Specific Examples of Common Rare Colorations:

    open/close all folders 

     Male calico and tortoiseshell cats 
Films — Animated
  • Mr. Twitches from Tinker Bell and The Great Fairy Rescue is a male calico cat.
  • Pig from Dreamworks' Home is a male calico cat, which is a rare in real life as the corkscrew tail that he is named for.
  • Mochi from Big Hero 6 is a male calico cat who is said to be a Japanese Bobtail, but appears cobby and fat for one and has a longer tail than what you would expect for one.
  • Gonzalo from Puss in Boots: The Three Diablos is a male calico. A bonus point for having a sister, Perla, who has a cream tabby pattern as orange, cream, and (the rare anyway) apricot colors are, although neither rare, let alone improbable on female cats, more common on male cats.
  • An American Tail: In the Irish mouse's verse on "There Are No Cats In America", he sings about a calico eating her girlfriend. He sings "he caught us by surprise", but without seeing the attack itself, we can't tell whether it was a male calico or he couldn't' tell which gender it was and assumed it was male.

Literature

  • There are multiple tortoiseshell tomcats in the Warriors series, including at least one (Redtail) that fathered a kit. Only about one in three thousand tortoiseshells are male, and they're nearly always sterile if they are Klinefelter ones.
  • Richard Scarry's character Huckle is a male calico cat, albeit a rather orange dominant with black ears one. His sister is also an orange dominant with black ears calico, but as a female one, she is far more genetically probable and common.
  • Bristlejaw from Tailchaser's Song is a male tortoiseshell.

Theatre

  • Cats has a few instances of this. A few male characters, such as the Rum Tum Tugger, Mungojerrie and sometimes Alonzo, are usually portrayed as either calico or tortoiseshell.

     Pure-white horses 

Video Games

  • Red Dead Redemption 2 features a fair number of true white horses, which are quite rare in real life. One such true white horse is a stallion named The Count and who belongs to one of Dutch's gang members.
  • Minecraft features a fair number of true white horses, not just a fair number of grey horses (which ostensibly white horses usually are).

     Ivory Skin 

Western Animation

  • The UPA TV cartoons in the 1950s and early 1960s has a tendency to have plenty of human characters and Living Props with a literal ivory white skintone, a type of skintone that is much rarer in real life. These TV cartoons had shoestring budgets, but there are a sizable number of both people with ivory skintones and those with the far more common beige to brown ones.
    • Mr. Magoo's houseboy, Charlie from Mr. Magoo combines this with being a Chinese male take on Raven Hair, Ivory Skin. Mr. Magoo, in the same show on the other hand, has the far more common beige skintone.
    • Joe Jitsu from The Dick Tracy Show, who is a Japanese man with a literally white skintone. Dick Tracy himself, as well as Go Go Gomez, have far more common skintones.
  • Jay Ward's Rocky and Bullwinkle:
    • Boris Badenov and Natasha Fatale are Soviet-like villains from the fictional Pottsylvania who both have a literally white skintone and combine this with Raven Hair, Ivory Skin (albeit Boris is balding).
    • These TV cartoons had shoestring budgets, but there are a sizable number of both people with ivory skintones and those with the far more common beige to brown ones.
    • The Adventures of Rocky & Bullwinkle continue on the tradition of there being a fair number of people with ivory skintone, most notably Boris and Natasha, alon with people common in real life skintones (beige, pinkish, tan, brown).
  • Colleen, the woman in the Donald Duck cartoon "Duck Pimples" combines having an ivory skintone with red hair.
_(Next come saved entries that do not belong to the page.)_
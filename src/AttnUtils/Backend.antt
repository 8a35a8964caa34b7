-- ===== src/AttnUtils/Backend.antt =====
-- `init_attn_backend`: the groups of every cache group, the sizes of kernel blocks, the builders of
-- metadata with the workspace that they share, and the least support of graphs.
use edmm.Prelude.{
  ℕ, suc, String, List, [], ◌∷◌, ◌++◌, Option, none, some, Bool, if◌then◌else◌, ltb, get_elem?,
}
use edmm.Prelude.Dict.{Dict}
use edmm.Prelude.Effect.{Outcome, ok}
use edmm.Prelude.Partial.{◌>>=◌}
use edmm.Gpu.{Exception}
use edmm.Torch.{Torch}
use edmm.AttnUtils.Config.{Vllm, AttnModule, GroupSpec, KvCacheGroup, KvCacheConfig}
use edmm.AttnUtils.Layers.{get_shared_kv_cache_layers}
use edmm.AttnUtils.Groups.{AttentionGroup, discover_group}

module _ (t : Torch) (v : Vllm t) where
  -- What vLLM's set-up of builders does, as far as the code sees it.
  pub record Builders : Type 1 where
    -- `get_layers_from_vllm_config(vllm_config, AttentionLayerBase, names)`
    pub attn_layers : List String → Dict String (AttnModule t v)
    -- `get_layers_from_vllm_config(vllm_config, Attention)`
    pub attention_layers : Dict String (AttnModule t v)
    -- `list(active.intersection(names))`
    pub intersection : List String → List String → List String
    pub add_kv_sharing_layers_to_kv_cache_groups :
        Dict String String → List (KvCacheGroup t v) → List (KvCacheGroup t v)
    pub prepare_kernel_block_sizes : KvCacheConfig t v → List (List (AttentionGroup t v)) → List ℕ
    -- A group's builder, made for a size of kernel blocks.
    pub Builder : Type 0
    pub builder : AttentionGroup t v → Option ℕ → Builder
    pub Workspace : Type 0
    -- `builder._get_workspace_buffer()`; `none` if the builder has no such attribute.
    pub get_workspace_buffer : Builder → Option Workspace
    -- `hasattr(builder, "set_workspace_buffer")`
    pub has_set_workspace_buffer : Builder → Bool
    -- `builder.get_cudagraph_support(…).value`, and the value of ALWAYS.
    pub cudagraph_support : Builder → GroupSpec t v → ℕ
    pub always : ℕ

  module _ (b : Builders) where
    -- `attn_backend_workspace`, the calls of `set_workspace_buffer`, and the support found so far.
    pub record Support : Type 0 where
      pub attn_backend_workspace : Option b.Workspace
      pub set_calls : List (b.Builder × b.Workspace)
      pub min_cg_support : ℕ
      pub min_cg_attn_backend : Option String

    -- The first workspace that a builder has is given to the builders after it.
    unfoldable pub share_workspace : b.Builder → Option b.Workspace → Support → Support
    share_workspace builder none s = record s {
      attn_backend_workspace = b.get_workspace_buffer builder;
    }
    share_workspace builder (some workspace) s =
        if b.has_set_workspace_buffer builder
        then record s { set_calls = s.set_calls ++ ((builder, workspace) ∷ []) }
        else s

    unfoldable pub lower_support : ℕ → String → Support → Support
    lower_support value name s =
        if ltb value s.min_cg_support
        then record s { min_cg_support = value; min_cg_attn_backend = some name }
        else s

    -- `for group in groups`
    unfoldable pub build_groups :
        GroupSpec t v → Option ℕ → List (AttentionGroup t v) → Support → Support
    unfolding share_workspace lower_support
    build_groups spec kernel_block_size [] s = s
    build_groups spec kernel_block_size (group ∷ groups) s =
        let builder = b.builder group kernel_block_size in
        build_groups spec kernel_block_size groups (
          lower_support (b.cudagraph_support builder spec) (v.cls_name group.backend)
            (share_workspace builder s.attn_backend_workspace s))

    -- `for kv_cache_group_id, groups in enumerate(attn_groups)`; a group has a size of kernel blocks
    -- if there are sizes enough.
    unfoldable pub build_all :
        ℕ → List ℕ → List (KvCacheGroup t v) → List (List (AttentionGroup t v)) → Support → Support
    unfolding build_groups
    build_all group_id kernel_block_sizes (spec ∷ specs) (groups ∷ attn_groups) s =
        build_all (suc group_id) kernel_block_sizes specs attn_groups
          (build_groups spec.kv_cache_spec (get_elem? kernel_block_sizes group_id) groups s)
    build_all group_id kernel_block_sizes _ _ s = s

    -- The names of a cache group, those that are active if that is given.
    abbrev pub active : Option (List String) → List String → List String
    active none layer_names = layer_names
    active (some names) layer_names = b.intersection names layer_names

    -- `for kv_cache_group_id, kv_cache_group_spec in enumerate(kv_cache_groups)`
    unfoldable pub discover_groups :
        Option (List String)
        → ℕ
        → List (KvCacheGroup t v)
        → Dict String v.Backend
        → Outcome Exception (List (List (AttentionGroup t v)) × Dict String v.Backend)
    unfolding discover_group
    discover_groups active_layer_names group_id [] attn_backends = ok ([], attn_backends)
    discover_groups active_layer_names group_id (g ∷ gs) attn_backends = do
      let layer_names = active active_layer_names g.layer_names
      found ←
          discover_group t v (b.attn_layers layer_names) group_id layer_names g.kv_cache_spec
            attn_backends
      rest ← discover_groups active_layer_names (suc group_id) gs found.1
      ok (found.0 ∷ rest.0, rest.1)

    -- What `init_attn_backend` returns, and the workspace calls.
    pub record AttnBackend : Type 0 where
      pub attn_backends : Dict String v.Backend
      pub attn_groups : List (List (AttentionGroup t v))
      pub support : Support
      pub kernel_block_sizes : List ℕ

    -- `init_attn_backend`; the sharing layers are added to the groups of the configuration, which
    -- the caller keeps.
    unfoldable pub init_attn_backend :
        KvCacheConfig t v
        → Option (List String)
        → Outcome Exception (AttnBackend × KvCacheConfig t v)
    unfolding discover_groups build_all get_shared_kv_cache_layers
    init_attn_backend kv_cache_config active_layer_names = do
      let kv_cache_groups =
          b.add_kv_sharing_layers_to_kv_cache_groups
            (get_shared_kv_cache_layers t v b.attention_layers) kv_cache_config.kv_cache_groups
      let config = record kv_cache_config { kv_cache_groups = kv_cache_groups }
      found ← discover_groups active_layer_names 0 kv_cache_groups []
      let kernel_block_sizes = b.prepare_kernel_block_sizes config found.0
      ok (
        record {
          attn_backends = found.1;
          attn_groups = found.0;
          support = build_all 0 kernel_block_sizes kv_cache_groups found.0 (record {
            attn_backend_workspace = none;
            set_calls = [];
            min_cg_support = b.always;
            min_cg_attn_backend = none;
          });
          kernel_block_sizes = kernel_block_sizes;
        },
        config,
      )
    Miscellaneous Types and Work Specific Examples 

Western Animation

  • Looney Tunes:
    • Brown (presumably agouti) Tasmanian devils are the most notable example of this trope from the Looney Tunes franchise and in Tazmania. Taz, his family, the She-Devil, and the average Tasmanian devil in this franchise are all brown when real life Tazzie devils are (solid) black. This contributes to their Informed Species status.